To find out which processes use the CPU while the screen is locked, use

top -b -i > watch.txt

and lock the screen. Wait a while, then look at the file. I found out that compiz and emacs are having a lot of fun while I am away.

3

For users who has "similar" problem: It is important to distinguish if CPU usage goes up

  • when screensaver "activates" OR
  • when lock screen activates.

As far as I see from comments this can be mixed up easily (I mixed up as well for the first time).

To distuinguish:

  • in terminal run "top" (or use "system-monitor" GUI where CPU usage past is visible),
  • Press Alt-Ctrl-L (immediate screen lock),
  • wait 3-4 secs (10-20 secs for "system-monitor"),
  • unlock computer and
  • IMMEDIATELY press "q" - to quit from "top" (or just check the last minutes of CPU usage in "system-monitor")

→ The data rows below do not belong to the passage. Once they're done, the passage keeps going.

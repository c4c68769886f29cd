-- ===== src/ServerRoutine.antt =====
-- MusicServer/src/serverRoutine.c: the worker routines that read a client's packet and answer it.
-- A client's stream is the list of the bytes that it still sends; `receiveData` gives fewer bytes
-- than asked for where that ends, or nothing on a timeout.
pub mod Framing
pub mod Connection
use music_server_app.Base.{
  ℕ, ◌+◌, ◌-◌, Bool, true, false, not, Option, none, some, List, [], ◌∷◌, Outcome, g_ok, g_fail,
  if◌then◌else◌, ltb, ◌==◌, u32_sub, length, take, drop, is_g_ok,
}
use music_server_app.Base.Run.{Run, ok, ◌>>=◌}
use music_server_app.Packet.{
  Header, ClntData, signature_byte, res_ok_m, res_err_m, encode_packet, decode_packet,
}
use music_server_app.Packet.Bytes.{ByteOrder, from_memory, ntohl}
use music_server_app.ClientDb.{Server, ClntMsg, handle_client, add_job_to_queue}
use music_server_app.ClientDb.Notify.{transmit}

-- What becomes of the message that was answered: freed with its connection closed, or set to zero
-- for the client's next packet.
pub data Answered : Type 0 where
  freed cleared : Answered

abbrev pub zero_header : Header
zero_header = record {
  total_size = 0;
  token = 0;
  msg_id = 0;
  clnt_id = 0;
  signature = 0;
  is_last = 0;
}

abbrev pub cleared_msg : ClntMsg → ClntMsg
cleared_msg msg = record msg {
  clnt_data = record { header = zero_header; payload = none; payload_size = 0 };
}

abbrev pub with_msg_id : ℕ → ClntData → ClntData
with_msg_id id msg = record msg { header = record msg.header { msg_id = id } }

-- The part that `sendACKandClose` and `sendNACKandClose` share.
unfoldable pub answer : ℕ → Server → ClntMsg → Run (Answered × Server)
answer id s msg = do
  (_, packet) ← encode_packet s.env.order (with_msg_id id msg.clnt_data)
  let (_, s') = transmit s msg.cli_addr packet
  ok (
      if msg.clnt_data.is_last == 1
      then (freed, s')
      else (cleared, add_job_to_queue s' (handle_client (cleared_msg msg))))

unfoldable pub send_ack_and_close : Server → ClntMsg → Run (Answered × Server)
unfolding answer
send_ack_and_close s msg = answer res_ok_m s msg

unfoldable pub send_nack_and_close : Server → ClntMsg → Run (Answered × Server)
unfolding answer
send_nack_and_close s msg = answer res_err_m s msg

-- `handleClient` closes the connection, or posts the message to the resource manager and leaves the
-- rest of the stream.
pub data Handled : Type 0 where
  closed : Handled
  posted : ClntMsg → List ℕ → Handled

-- Behind a header of five bytes. `malloc` gives the buffer.
unfoldable pub receive_body : ByteOrder → ClntMsg → ℕ → List ℕ → Run Handled
receive_body order msg size stream = if ltb (length stream) size then ok closed else (do
  (_, decoded) ← decode_packet order msg.clnt_data (some (take size stream)) size
  ok (posted (record msg { clnt_data = decoded }) (drop size stream)))

abbrev pub max_packet : ℕ
max_packet = 4096

-- Signature, then the total size in network order; `totSize - 5` wraps.
unfoldable pub receive_packet : ByteOrder → ClntMsg → List ℕ → Run Handled
receive_packet order msg (sig ∷ s0 ∷ s1 ∷ s2 ∷ s3 ∷ stream) =
    if not (sig == signature_byte)
    then ok closed
    else (let total = ntohl order (from_memory order s0 s1 s2 s3) in
        if ltb max_packet total then ok closed else receive_body order msg (u32_sub total 5) stream)
receive_packet order msg _ = ok closed
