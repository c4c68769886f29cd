-- ===== src/ServerRoutine/Connection.antt =====
-- `handleClient` of MusicServer/src/serverRoutine.c on a socket, with its two calls of `receiveData`.
use music_server_app.Base.{
  ℕ, ◌≡◌, refl, ap, ◌∙◌, inl, inr, true, false, not, some, List, [], ◌∷◌, arith, if◌then◌else◌, ltb,
  ◌==◌, u32_sub, length, take, drop, Bool-cases, length-take, take_whole, Outcome,
}
use music_server_app.Base.Run.{Run, ok, fault, out_of_bounds, ◌>>=◌, Returns-value}
use music_server_app.Packet.{ClntData, signature_byte, decode_packet}
use music_server_app.Packet.Bytes.{ByteOrder, from_memory, ntohl}
use music_server_app.ClientDb.{ClntMsg}
use music_server_app.Socket.{Event, Moved, receive_data}
use music_server_app.Socket.Receive.{Delivers, receive_data-Takes}
use music_server_app.ServerRoutine.{
  Handled, closed, posted, receive_body, receive_packet, max_packet,
}

-- The connection is closed, or the message posted with what the socket still does.
pub data OnSocket : Type 0 where
  hung_up : OnSocket
  passed_on : ClntMsg → List Event → OnSocket

unfoldable pub handle_body : ByteOrder → ClntMsg → ℕ → List Event → Run OnSocket
handle_body order msg size es = do
  body ← receive_data es size
  if ltb body.answer size then ok hung_up else (do
    (_, decoded) ← decode_packet order msg.clnt_data (some body.bytes) size
    ok (passed_on (record msg { clnt_data = decoded }) body.rest))

-- The five bytes of `buf`.
unfoldable pub handle_head : ByteOrder → ClntMsg → List ℕ → List Event → Run OnSocket
handle_head order msg (sig ∷ s0 ∷ s1 ∷ s2 ∷ s3 ∷ _) es =
    if not (sig == signature_byte)
    then ok hung_up
    else (let total = ntohl order (from_memory order s0 s1 s2 s3) in
        if ltb max_packet total then ok hung_up else handle_body order msg (u32_sub total 5) es)
handle_head order msg _ es = fault out_of_bounds

unfoldable pub handle_client : ByteOrder → ClntMsg → List Event → Run OnSocket
handle_client order msg es = do
  head ← receive_data es 5
  if ltb head.answer 5 then ok hung_up else handle_head order msg head.bytes head.rest

-- The same as on a stream of bytes.
abbrev pub Agrees : Run OnSocket → Run Handled → Type 0
Agrees (ok hung_up) (ok closed) = Unit {0}
Agrees (ok (passed_on m es)) (ok (posted m' rest)) = (m ≡ m') × Delivers es rest
Agrees (fault e) (fault f) = e ≡ f
Agrees _ _ = ⊥

module _ (order : ByteOrder) (msg : ClntMsg) where
  Agrees-decoded :
      (r : Run (Outcome × ClntData)) {es : List Event} {rest : List ℕ}
      → Delivers es rest
      → Agrees
          (do (_, decoded) ← r; ok (passed_on (record msg { clnt_data = decoded }) es))
          (do (_, decoded) ← r; ok (posted (record msg { clnt_data = decoded }) rest))
  Agrees-decoded (ok (res, decoded)) d = (refl, d)
  Agrees-decoded (fault e) d = refl

  handle_body-Agrees :
      {es : List Event} {stream : List ℕ}
      → Delivers es stream
      → (size : ℕ) → Agrees (handle_body order msg size es) (receive_body order msg size stream)
  unfolding handle_body receive_body
  handle_body-Agrees {es} {stream} d size =
      let (m, e, (answer, bytes, rest)) =
        Returns-value _ (receive_data es size) (receive_data-Takes d size) in
      elim (Bool-cases (ltb (length stream) size)) [
        | inl short ↦
            let few : ltb m.answer size ≡ true =
              ground (arith, answer ∙ ap length (take_whole size stream (ground (arith, short)))) in
            rw (e, short, few) tt
        | inr enough ↦
            let all : ltb m.answer size ≡ false = ground (arith, answer, length-take size stream) in
            rw (e, enough, all, bytes)
              (Agrees-decoded (decode_packet order msg.clnt_data (some (take size stream)) size)
                rest)
      ]

  handle_head-Agrees :
      {es : List Event} {rest : List ℕ}
      → Delivers es rest
      → (sig s0 s1 s2 s3 : ℕ)
      → Agrees
          (handle_head order msg (sig ∷ s0 ∷ s1 ∷ s2 ∷ s3 ∷ []) es)
          (receive_packet order msg (sig ∷ s0 ∷ s1 ∷ s2 ∷ s3 ∷ rest))
  unfolding handle_head receive_packet
  handle_head-Agrees {es} {rest} d sig s0 s1 s2 s3 = elim (Bool-cases (sig == signature_byte)) [
    | inr foreign ↦ rw foreign tt
    | inl known ↦ elim (Bool-cases (ltb max_packet (ntohl order (from_memory order s0 s1 s2 s3)))) [
      | inl large ↦ rw (known, large) tt
      | inr fits ↦
          rw (known, fits)
            (handle_body-Agrees d (u32_sub (ntohl order (from_memory order s0 s1 s2 s3)) 5))
    ]
  ]

  -- On a connection that brings a stream in pieces of any size, `handleClient` does what it does on
  -- the stream: it closes the connection, posts the same message and leaves the rest of the stream,
  -- or reads past its buffer.
  pub handle_client-Agrees :
      {es : List Event} {stream : List ℕ}
      → Delivers es stream
      → Agrees (handle_client order msg es) (receive_packet order msg stream)
  unfolding handle_client receive_packet
  handle_client-Agrees {es} {stream} d =
      let (m, e, (answer, bytes, rest)) =
        Returns-value _ (receive_data es 5) (receive_data-Takes d 5) in
      go stream m e answer bytes rest
    where
      go :
          (stream : List ℕ) (m : Moved)
          → receive_data es 5 ≡ ok m
          → m.answer ≡ length (take 5 stream)
          → m.bytes ≡ take 5 stream
          → Delivers m.rest (drop 5 stream)
          → Agrees (handle_client order msg es) (receive_packet order msg stream)
      go (sig ∷ s0 ∷ s1 ∷ s2 ∷ s3 ∷ rest) m e answer bytes d5 =
          rw (e, answer, bytes) (handle_head-Agrees d5 sig s0 s1 s2 s3)
      go [] m e answer bytes d5 = rw (e, answer) tt
      go (a ∷ []) m e answer bytes d5 = rw (e, answer) tt
      go (a ∷ b ∷ []) m e answer bytes d5 = rw (e, answer) tt
      go (a ∷ b ∷ c ∷ []) m e answer bytes d5 = rw (e, answer) tt
      go (a ∷ b ∷ c ∷ f ∷ []) m e answer bytes d5 = rw (e, answer) tt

If there was a high CPU, you have NOTHING TO DO with screensaver, because screensaver has not activated. This is the case with my system.

I created an official Ubuntu bug, but realized there is a bug related to this, so I linked: https://bugs.launchpad.net/ubuntu/+source/compiz/+bug/1322751

I wrote down a quite brutal workaround there. Please use it if you understood what that script is doing - and it suits for you.

It seems that fairly decent Intel "Haswell" or newer CPU/GPU-s are affected.

Please tick "This bug affects you" if it is true.